LA OKs Reopening Protocols For Lower-Risk Businesses, While Most Safer-At-Home Directives Persist
Topics: COVID-19
The City and County of Los Angeles have each begun to ease into “Stage 2” of their “Roadmap To Recovery” by revising their “Safer at Home” orders progressively over the course of the last ten days. The mayoral and county public health orders continue to maintain that everyone living within LA (City and County) is to remain in their homes “as much as possible,” and should telework or work from home as much as possible, where feasible. The County order (revised yesterday) expressly states that people 65 or older and all people of any age who have active or unstable pre-existing health conditions “should remain in their residences” (unless seeking medical treatment or obtaining food and necessities), and “strongly recommends that employers offer telework or other accommodations to persons who are age 65 or older and” those with “pre-existing health conditions.”

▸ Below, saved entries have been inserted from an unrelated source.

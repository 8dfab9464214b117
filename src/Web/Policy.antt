-- ===== src/Web/Policy.antt =====
-- PutConfig of internal/web/web.go: what a request makes of the policy.
use cardingest.Base.{Option, none, some, ◌≡◌, refl, ap, Outcome, ok, err, wrap}
use cardingest.Base.Strings.{Text}
use cardingest.Config
use cardingest.Config.{File}
use cardingest.Config.Store.{Disk, Yaml, StoreError, PolicyStore, parse_file, save, marshal_policy}
use cardingest.Config.Store.Atomic.{IsReliable, IsAtomic, save-IsAtomic}
use cardingest.Rules.{Glob, Engine}
use cardingest.Rules.Size.{Float}
use cardingest.Rules.Compile.{RuleError, compile}
use cardingest.Web.{
  PutAnswer, stored, refused_request, refused_text, refused_rules, save_failed, after_save,
  after_compile, after_parse, put_policy,
}

module _ (D : Disk) (Y : Yaml) (G : Glob) (N : Float) (store : PolicyStore D Y) (text : Text) where
  -- The policy and what its file reads as are as they were.
  abbrev pub IsUntouched : PolicyStore D Y → Type 0
  IsUntouched t =
      (t.file ≡ store.file)
      × (t.path ≡ store.path)
      × (D.read_file t.disk store.path ≡ D.read_file store.disk store.path)

  -- The policy is the one of the request, whose rules compile, and its text is on disk.
  abbrev pub IsPut : PolicyStore D Y → Type 0
  IsPut t =
      (Y.unmarshal text ≡ ok t.file)
      × ((engine : Engine) × (compile G N t.file.rules ≡ ok engine))
      × (t.path ≡ store.path)
      × ((written : Text) × (Y.marshal t.file ≡ ok written)
          × (D.read_file t.disk store.path ≡ ok written))

  -- What each answer says of the store after it.
  abbrev pub Tells : PutAnswer × PolicyStore D Y → Type 0
  Tells (stored shown, t) = IsPut t
  Tells (refused_request reason, t) = ⊥
  Tells (refused_text e, t) =
      (wrap Config.Store.parse_config (Y.unmarshal text) ≡ err e) × (t ≡ store)
  Tells (refused_rules e, t) =
      ((f : File) × (Y.unmarshal text ≡ ok f) × (compile G N f.rules ≡ err e)) × (t ≡ store)
  Tells (save_failed e, t) = IsUntouched t

  after_save-Tells :
      (R : IsReliable D store.path) (f : File) (rules : Engine)
      (x : Option StoreError × PolicyStore D Y)
      → Y.unmarshal text ≡ ok f
      → compile G N f.rules ≡ ok rules
      → IsAtomic D Y store R f x
      → Tells (after_save D Y x)
  after_save-Tells R f rules (some e, t) parsed compiled h = h
  after_save-Tells R f rules (none, t) parsed compiled (same, at_path, (written, e, found)) =
      (rw same parsed, (rules, rw same compiled), at_path, (written, rw same e, found))

  after_compile-Tells :
      (R : IsReliable D store.path) (f : File) (r : Outcome RuleError Engine)
      → Y.unmarshal text ≡ ok f
      → compile G N f.rules ≡ r
      → Tells (after_compile D Y store f r)
  after_compile-Tells R f (err e) parsed compiled = ((f, parsed, compiled), refl)
  after_compile-Tells R f (ok rules) parsed compiled =
      after_save-Tells R f rules (save D Y store f) parsed compiled (save-IsAtomic D Y store R f)

  after_parse-Tells :
      (R : IsReliable D store.path) (m : Outcome Text File)
      → Y.unmarshal text ≡ m
      → Tells (after_parse D Y G N store (wrap Config.Store.parse_config m))
  after_parse-Tells R (err cause) parsed = (ap (wrap Config.Store.parse_config) parsed, refl)
  after_parse-Tells R (ok f) parsed = after_compile-Tells R f (compile G N f.rules) parsed refl

  -- Where the disk is reliable for the policy's path, PutConfig answers with the new text only if the
  -- request's text parses as a policy whose rules compile; that policy is then the store's, and its
  -- text is on disk. If it answers that the text does not parse, or that the rules do not compile,
  -- that is so, and the store and its disk are as they were. If the save fails, the store has the
  -- policy that it had, and the file reads as it did.
  pub put_policy-Tells : IsReliable D store.path → Tells (put_policy D Y G N store text)
  unfolding put_policy parse_file
  put_policy-Tells R = after_parse-Tells R (Y.unmarshal text) refl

Yet, LA is permitting its residents to engage in a number of enumerated activities and to go to certain places, and with each revision to the Safer at Home Orders, the list of permissible places and activities continues to grow. The stated reason for the most recent order revisions is to allow for the conditional reopening of specific retail and other “Lower-Risk” businesses, while keeping a low incidence of person-to-person contact, and ensuring continued social distancing and other COVID-19 infection-control protocols.
Importantly, previously closed “non-essential” (i) “retailers” that are not located within an indoor mall or shopping center, as well as (ii) “manufacturing and logistics sector businesses,” now “may reopen provided” certain rules are followed:
- Members of the public may not to be permitted entry inside a retail establishment, but customers may be provided goods and services via curbside, doorside, outdoor, and at-home delivery or pickup;
- Lower-risk retail establishments must prepare, implement and post LA County’s “Public Health Reopening Protocol For Retail Establishments”; and
- Lower-risk businesses in other sectors must prepare, implement and post LA County’s Public Health Reopening Protocol for their given business.
There are currently 13 published business and activity-specific reopening protocols (respectively entitled, “Beaches,” “Bike Parks,” “Car Dealerships,” “Community Gardens,” “Equestrian Centers,” “Golf Courses,” “Model Airplane Area,” “Outdoor Shooting Facilities,” “Retail Establishments,” “Warehousing, Manufacturing, Logistics Protocol,” “Substance Use Disorder and Mental Health,” “Tennis Pickleball Courts,” and “Trails”).
The various health protocols applicable to settings and industries where employees will be working each direct employers to conduct “symptom checks before employees are permitted to enter the workspace” including the statement that “a temperature check should be done at the worksite if feasible.” (Unhelpfully, the protocols do not define the parameters of concept of feasibility.)
Despite this overlap, the 13 protocols are by no means identical. They have different provisions for customer product testing, employee breaks, where employees may eat meals, and hand-washing. Familiarity with and adoption of the appropriate protocol applicable to a “Lower-Risk” company’s business is critical before that business can reopen. LA City employers are required to post their applicable health protocol near the entrance of their facility (the City order does not make clear whether the protocol must be posted at all entrances if the business has more than one). Failure to comply with the orders and health protocols subjects noncompliant companies to cessation of water and power, fines, and/or misdemeanor liability depending on the infraction in question.
For now, so-called “higher-risk” businesses, recreational sites, commercial properties, and activities – where more frequent and prolonged person-to-person contacts are likely to occur – must remain closed regardless of safety protocols. These include, but are not limited to, fitness centers, bars, theaters, museums, zoos, libraries, in-facing mall establishments, group sports, and personal grooming establishments.
So, while we seem to be making positive progress, there is still a long way to go. Hopefully, we will soon be posting about LA’s ascent into Stage 3 of the Reopening Plan, and I will have finally had a haircut.